The one I am looking at is in even better condition....!


----------



## rockDAWG (Sep 6, 2006)

Why bother? Time for upgrade!!! Buy another boat that has every thing you and your SO want.


----------



## vtsailguy (Aug 4, 2010)

Yes, I guess I need to avoid fixating on a particular boat, lots out there.

If anyone knows of a 31-36 under 30k in great shape in new england


----------



## Faster (Sep 13, 2005)

If you want/need wheel steering I really don't see the point of buying a (rather generic) boat that has a tiller. It's a pretty big job - do-able, but still... and odds are that there is an example with a wheel that's ready to go.. somewhere nearby. Also maybe not get fixated on any one boat at this point.. keep an open eye and open mind.

If the boat is exceptional and really pulls at the heartstrings I'd consider learning to live with the tiller rather than start cutting and drilling.


----------



## Squidd (Sep 26, 2011)

Yep, your looking at the wrong boat..

There will be enough to fix, repair, upgrade with any 30K boat.... you don't need to start out with a major remodel project before you even "like" it...


----------



## deniseO30 (Nov 27, 2006)

I gotta say.. I do love having wheel steering.


----------



## Faster (Sep 13, 2005)

deniseO30 said:


> I gotta say.. I do love having wheel steering.


I know what you mean and for cruising I agree.. I think for longish legs the wheel offers more variety of helming positions, and usually a bit of mechanical advantage though a well balanced boat shouldn't need too much of that.

For racing, though, I prefer a tiller. We owned a 40 footer with a wheel and a 24 foot day racer that was tiller steered for 12 years, so got quite used to going back and forth...


----------



## chucklesR (Sep 17, 2007)

I'm so dyslexic I have to face the tiller when I use a stern...

er..
face the stern when I use a tiller?


----------



## MarkofSeaLife (Nov 7, 2010)

Im gunna say it will cost close to $10,000
Its not a thing you can DIY sucessfully, unless you have vast, VAST experience.
I doubt a shipwright could do it well, either, i think its the type of thing thats best done by the factory during manufacture.

A wheel looks simple enough, and nothing looks at all advanced. But i thnk its one of those things thats probably belying a deep dark history of mechanical marvels.

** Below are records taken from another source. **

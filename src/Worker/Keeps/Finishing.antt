-- ===== src/Worker/Keeps/Finishing.antt =====
-- What the end of a handler keeps (src/openlinker/runtime/worker.py).
use openlinker_python.Prelude.{ℕ, ◌+◌, List, [], ◌∷◌, Text}
use openlinker_python.Json.{Json, null, bool, int, str, arr, obj, Fields}
use openlinker_python.Platform.{Platform}
use openlinker_python.Errors.{invalid_value}
use openlinker_python.Exec.{Exec, pure, raise}
use openlinker_python.Worker.Run.{◌>>=◌}
use openlinker_python.Store.Records.{AssignmentRecord}
use openlinker_python.Store.Memory.{memory_ready}
use openlinker_python.Store.Methods as store
use openlinker_python.Store.Preserves.Events.{append_event-IsConsistent}
use openlinker_python.Store.Preserves.Results.{store_result-IsConsistent}
use openlinker_python.Worker.Attempts.{Worker, on_store, Meanwhile, Wait}
use openlinker_python.Worker.Outcomes.{
  RuntimeEvent, RuntimeResult, Outcome, returned, raised, cancelled, authority_invalid, Draws,
  persist_event, persist_events, emit, catching_failure, outcome_result, keep_result,
  finish_attempt,
}
use openlinker_python.Worker.Keeps.{
  IsKept, Keeps, change-Keeps, pure-Keeps, raise-Keeps, read-Keeps, await-Keeps, bind-Keeps,
  if-Keeps,
}

module _ ⦃p : Platform⦄ (P : Worker → Type 0) (k : IsKept P) where
  append-Keeps :
      (a kind : Text) (fs : Fields) (id : Text) (t u : ℕ)
      → Keeps P (on_store (store.append_event memory_ready a kind fs id t u))
  unfolding Keeps
  append-Keeps a kind fs id t u w x =
      k.stored w _ (λ v. append_event-IsConsistent memory_ready w.store v a kind fs id t u) x

  store_result-Keeps :
      (a : Text) (fs : Fields) (id : Text) (t u : ℕ)
      → Keeps P (on_store (store.store_result memory_ready a fs id t u))
  unfolding Keeps
  store_result-Keeps a fs id t u w x =
      k.stored w _ (λ v. store_result-IsConsistent memory_ready w.store v a fs id t u) x

  payload-Keeps :
      (a kind : Text) (payload : Json) (id : Text) (now : ℕ)
      → Keeps {A = Unit {0}} P (elim payload [
        | obj fs ↦ (do _ ← on_store (store.append_event memory_ready a kind fs id now now); pure tt)
        | _ ↦ raise invalid_value
      ])
  payload-Keeps a kind (obj fs) id now =
      bind-Keeps P _ _ (append-Keeps a kind fs id now now) λ _. pure-Keeps P _
  payload-Keeps a kind (arr vs) id now = raise-Keeps P _ _
  payload-Keeps a kind (str t) id now = raise-Keeps P _ _
  payload-Keeps a kind null id now = raise-Keeps P _ _
  payload-Keeps a kind (bool b) id now = raise-Keeps P _ _
  payload-Keeps a kind (int n) id now = raise-Keeps P _ _

  module _ (draws : Draws) where
    persist_event-Keeps :
        (a : Text) (e : RuntimeEvent) (id : Text) (now : ℕ)
        → Keeps P (persist_event draws a e id now)
    unfolding persist_event
    persist_event-Keeps a e id now =
        bind-Keeps P _ _ (read-Keeps P _) λ _. payload-Keeps a e.event_type e.payload id now

    pub emit-Keeps :
        (a : Text) (e : RuntimeEvent) (id : Text) (now : ℕ) → Keeps P (emit draws a e id now)
    unfolding emit
    emit-Keeps a e id now =
        bind-Keeps P _ _ (read-Keeps P _)
          λ stopped. if-Keeps P stopped _ _ (raise-Keeps P _ _) (persist_event-Keeps a e id now)

    persist_events-Keeps :
        (a : Text) (es : List RuntimeEvent) (n now : ℕ) → Keeps P (persist_events draws a es n now)
    unfolding persist_events
    persist_events-Keeps a [] n now = pure-Keeps P _
    persist_events-Keeps a (e ∷ es) n now =
        bind-Keeps P _ _ (persist_event-Keeps a e _ now) λ _. persist_events-Keeps a es (n + 1) now

    catching_failure-Keeps :
        (m : Exec Worker RuntimeResult) → Keeps P m → Keeps P (catching_failure draws m)
    unfolding Keeps catching_failure
    catching_failure-Keeps m h w x = h w x

    outcome_result-Keeps :
        (a : Text) (outcome : Outcome) (now : ℕ) → Keeps P (outcome_result draws a outcome now)
    unfolding outcome_result
    outcome_result-Keeps a (returned v) now = catching_failure-Keeps _ (
        bind-Keeps P _ _ (read-Keeps P _)
          λ r. bind-Keeps P _ _ (persist_events-Keeps a r.events 0 now) λ _. pure-Keeps P _)
    outcome_result-Keeps a (raised message) now = pure-Keeps P _
    outcome_result-Keeps a cancelled now = pure-Keeps P _
    outcome_result-Keeps a authority_invalid now = pure-Keeps P _

    keep_result-Keeps :
        (r : AssignmentRecord) (result : RuntimeResult) (now : ℕ)
        → Keeps P (keep_result draws r result now)
    unfolding keep_result
    keep_result-Keeps r result now = bind-Keeps P _ _ (read-Keeps P _) λ stopped.
        if-Keeps P stopped _ _ (pure-Keeps P _) (
          bind-Keeps P _ _ (store_result-Keeps _ _ _ now now)
            λ _. change-Keeps P _ (λ w x. k.permitted w _ x))

    pub finish_attempt-Keeps :
        (meanwhile : Meanwhile)
        → ((x : Wait) (w : Worker) → P w → P (meanwhile x w))
        → (r : AssignmentRecord) (outcome : Outcome) (now : ℕ)
        → Keeps P (finish_attempt draws meanwhile r outcome now)
    unfolding finish_attempt
    finish_attempt-Keeps meanwhile others r outcome now =
        bind-Keeps P _ _ (outcome_result-Keeps _ outcome now) λ result.
          bind-Keeps P _ _ (read-Keeps P _) λ stopped.
            if-Keeps P stopped _ _ (pure-Keeps P _)
              (bind-Keeps P _ _ (await-Keeps P _ _ (others _)) λ _. keep_result-Keeps r result now)
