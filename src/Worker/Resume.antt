-- ===== src/Worker/Resume.antt =====
-- `_resume_durable_state` of src/openlinker/runtime/worker.py: what a worker tells the platform of the
-- assignments that it holds, and what it does for each decision. The answer is an argument.
use openlinker_python.Prelude.{
  ℕ, Bool, true, false, not, ◌&&◌, ◌||◌, List, [], ◌∷◌, Text, text, text_eq, nat_eq, Option, none,
  some, ◌==◌, if◌then◌else◌, contains, all_of, is_some, length, ℤ,
}
use openlinker_python.Text.{is_empty}
use openlinker_python.Dict.{Dict, get, set_item}
use openlinker_python.Json.{Json, null, str, arr, obj, Fields, field_or, items}
use openlinker_python.Platform.{Platform}
use openlinker_python.Errors.{
  Result, ok, err, bad_value, identity_mismatch, invalid_value, missing_decision, unsafe_reconnect,
  unsafe_resume, resume_not_executable, require, ◌>>◌ as then_ok, ◌>>=◌ as and_then,
}
use openlinker_python.Exec.{Exec, pure, raise, read, checked}
use openlinker_python.Worker.Run.{◌>>=◌}
use openlinker_python.Types.Identity.{RuntimeAttemptIdentity, attempt_from_dict, item}
use openlinker_python.Types.Features.{text_leb}
use openlinker_python.Types.Messages.{all_distinct}
use openlinker_python.Store.State.{ack_sent, confirmed, started, finished, state_eq}
use openlinker_python.Store.Records.{AssignmentRecord, attempt_id_of, message_id_of}
use openlinker_python.Store.Memory.{MemoryStore, memory_ready}
use openlinker_python.Store.Methods as store
use openlinker_python.Worker.Ranges.{event_ranges}
use openlinker_python.Worker.Flush.{require_response_keys}
use openlinker_python.Worker.Answers.{protocol_object, optional_time, is_identity}
use openlinker_python.Worker.Attempts.{
  Worker, on_store, change, allow_spool, set_lease, start_confirmed_attempt, clear_from_resume,
  await, Meanwhile, for_answer,
}

unfoldable pub insert_record : AssignmentRecord → List AssignmentRecord → List AssignmentRecord
insert_record r [] = r ∷ []
insert_record r (x ∷ xs) =
    let rest = insert_record r xs in
    if text_leb (attempt_id_of r) (attempt_id_of x) then r ∷ x ∷ xs else x ∷ rest

-- `sorted(..., key=lambda item: item.identity.attempt.attempt_id)`
unfoldable pub sort_records : List AssignmentRecord → List AssignmentRecord
unfolding insert_record
sort_records [] = []
sort_records (r ∷ rs) = insert_record r (sort_records rs)

-- one item of `attempts` in the request
pub record ResumeItem : Type 0 where
  pub attempt_identity : RuntimeAttemptIdentity
  pub last_acked_client_event_seq : ℕ
  pub pending_client_event_ranges : List (ℕ × ℕ)
  pub pending_result : Option (Text × ℤ)

abbrev pub resume_actions : List Text
resume_actions =
    text "continue_execution"
    ∷ text "upload_events"
    ∷ text "upload_result"
    ∷ text "stop_execution"
    ∷ text "clear_spool"
    ∷ []

-- texts, or none where an item is no text
unfoldable pub texts_of : List Json → Option (List Text)
texts_of [] = some []
texts_of (str t ∷ vs) = elim (texts_of vs) [ none ↦ none | some ts ↦ some (t ∷ ts) ]
texts_of (_ ∷ vs) = none

-- the check on `allowed_actions`
unfoldable pub check_actions : Json → Result (List Text)
check_actions (arr vs) = elim (texts_of (items vs)) [
  | none ↦ err bad_value
  | some ts ↦
      if all_distinct ts && all_of (λ t. contains resume_actions t) ts then ok ts else err bad_value
]
check_actions _ = err bad_value

module _ ⦃p : Platform⦄ where
  unfoldable pub resume_item : AssignmentRecord → MemoryStore → Result ResumeItem
  resume_item r s = and_then (store.pending_events memory_ready (attempt_id_of r) s) (λ pending.
      and_then (store.pending_result memory_ready (attempt_id_of r) s) (λ result. ok (record {
        attempt_identity = r.identity.attempt;
        last_acked_client_event_seq = r.acked_client_event_seq;
        pending_client_event_ranges = event_ranges pending;
        pending_result = elim result [
          | none ↦ none
          | some x ↦ some (x.result_id, x.final_client_event_seq)
        ];
      })))

  -- the loop that makes the request
  unfoldable pub resume_items : List AssignmentRecord → MemoryStore → Result (List ResumeItem)
  resume_items [] s = ok []
  resume_items (r ∷ rs) s =
      and_then (resume_item r s) (λ i. and_then (resume_items rs s) (λ is. ok (i ∷ is)))

  -- the checks on one decision, which hand on its Attempt
  unfoldable pub check_decision : Json → Result (Text × Fields)
  check_decision v =
      and_then
        (require_response_keys v
          (text "attempt_identity" ∷ text "decision" ∷ text "allowed_actions" ∷ [])
          (text "lease_expires_at" ∷ []))
        (λ fs. and_then (protocol_object (field_or fs (text "attempt_identity") null)) (λ raw.
          and_then (attempt_from_dict (obj raw)) (λ identity.
            and_then (item fs (text "allowed_actions")) (λ raw_actions.
              and_then (check_actions raw_actions) (λ actions.
                and_then (optional_time (field_or fs (text "lease_expires_at") null))
                  (λ lease. ok (identity.attempt_id, fs)))))))

  -- the loop on the decisions
  unfoldable pub collect_decisions : Dict Text Fields → List Json → Result (Dict Text Fields)
  collect_decisions seen [] = ok seen
  collect_decisions seen (v ∷ vs) = and_then (check_decision v) (λ d.
      let (attempt_id, fs) = d in
      then_ok (require (not (is_some (get seen attempt_id))) bad_value)
        (collect_decisions (set_item seen attempt_id fs) vs))

  -- the lease of a decision
  unfoldable pub decision_lease : Fields → Result (Option ℕ)
  decision_lease fs = optional_time (field_or fs (text "lease_expires_at") null)

  -- `continue_execution`
  unfoldable pub continue_execution : Bool → AssignmentRecord → Fields → ℕ → Exec Worker (Unit {0})
  continue_execution reconnect r decision now =
      let a = attempt_id_of r in
      let was_started = r.state == started || r.state == finished in
      if reconnect && was_started
      then (do
        owned ← read (λ w. ok (is_some (get w.active a)))
        checked owned unsafe_reconnect do
          expires ← read (λ w. decision_lease decision)
          _ ← elim expires [ none ↦ pure tt | some t ↦ change (set_lease a (some t)) ]
          change (allow_spool a))
      else if was_started
      then raise unsafe_resume
      else (do
        r' ←
            if r.state == ack_sent
            then on_store (store.advance_assignment memory_ready (message_id_of r) confirmed now)
            else pure r
        checked (r'.state == confirmed) resume_not_executable do
          _ ← change (allow_spool a)
          expires ← read (λ w. decision_lease decision)
          start_confirmed_attempt r' expires now)

  -- the actions on one record, by the text of the decision
  unfoldable pub apply_action :
      Meanwhile → Bool → AssignmentRecord → Fields → Text → ℕ → Exec Worker (Unit {0})
  apply_action meanwhile reconnect r decision action now =
      let a = attempt_id_of r in
      if action == text "continue_execution"
      then continue_execution reconnect r decision now
      else if action == text "upload_spool_only"
      then (do
        allowed ← read (λ w. check_actions (field_or decision (text "allowed_actions") null))
        change (λ w. record w {
          spool_permissions =
              set_item w.spool_permissions a
                (contains allowed (text "upload_events"), contains allowed (text "upload_result"));
        }))
      else if action == text "result_already_acked"
      then clear_from_resume meanwhile r false now
      else if action == text "lease_revoked"
      then clear_from_resume meanwhile r true now
      else raise bad_value

  -- one turn of the last loop
  unfoldable pub apply_decision :
      Meanwhile → Bool → Dict Text Fields → AssignmentRecord → ℕ → Exec Worker (Unit {0})
  apply_decision meanwhile reconnect decisions r now = elim (get decisions (attempt_id_of r)) [
    | none ↦ raise missing_decision
    | some decision ↦
        checked (is_identity (field_or decision (text "attempt_identity") null) r.identity.attempt)
          identity_mismatch
          (elim (field_or decision (text "decision") null) [
            | str action ↦ apply_action meanwhile reconnect r decision action now
            | arr vs ↦ raise invalid_value
            | obj fs ↦ raise invalid_value
            | _ ↦ raise bad_value
          ])
  ]

  unfoldable pub apply_decisions :
      Meanwhile → Bool → Dict Text Fields → List AssignmentRecord → ℕ → Exec Worker (Unit {0})
  apply_decisions meanwhile reconnect decisions [] now = pure tt
  apply_decisions meanwhile reconnect decisions (r ∷ rs) now = do
    _ ← apply_decision meanwhile reconnect decisions r now
    apply_decisions meanwhile reconnect decisions rs now

  -- `_resume_durable_state`. The platform sees the items of the request.
  unfoldable pub resume_durable_state :
      Bool → Meanwhile → (List ResumeItem → Result (List Json)) → ℕ → Exec Worker (Unit {0})
  resume_durable_state reconnect meanwhile resume now = do
    held ← read (λ w. store.all_assignments memory_ready w.store)
    let records = sort_records held
    if is_empty records then pure tt else do
      attempts ← read (λ w. resume_items records w.store)
      decisions ← await (meanwhile for_answer) (resume attempts)
      _ ← read (λ w. require (length decisions == length records) bad_value)
      by_attempt ← read (λ w. collect_decisions [] decisions)
      apply_decisions meanwhile reconnect by_attempt records now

Of all the things to screw around with this is one not to touch with a pitch fork.

Can someone who has actually done this tell me I am wrong?

I doubt its been done enough for you to find someone to do it thats installed enough for you to be confident with.

Mark


----------



## Brent Swain (Jan 16, 2012)

Seems it would be much easier and cheaper to convince her of the advantages of a tiller over a wheel. Cheaper ,far less prone to breakdown, you get a feel for the boat, it is much easier to go forward past a tiller than having to climb around a wheel, easier docking, as you always know which way the rudder is pointing, and you can reverse it's direction instantly.
Switching from a tiller to a wheel would be a big mistake, from a practical point of view.

If pretentiousness is the motivation for the change, then a divorce would be a much better solution, possibly inevitable in the long run, anyway.


----------



## L124C (Oct 4, 2007)

Brent Swain said:


> Seems it would be much easier and cheaper to convince her of the advantages of a tiller over a wheel. Cheaper ,far less prone to breakdown, you get a feel for the boat, it is much easier to go forward past a tiller than having to climb around a wheel, easier docking, as you always know which way the rudder is pointing, and you can reverse it's direction instantly.
> Switching from a tiller to a wheel would be a big mistake, from a practical point of view.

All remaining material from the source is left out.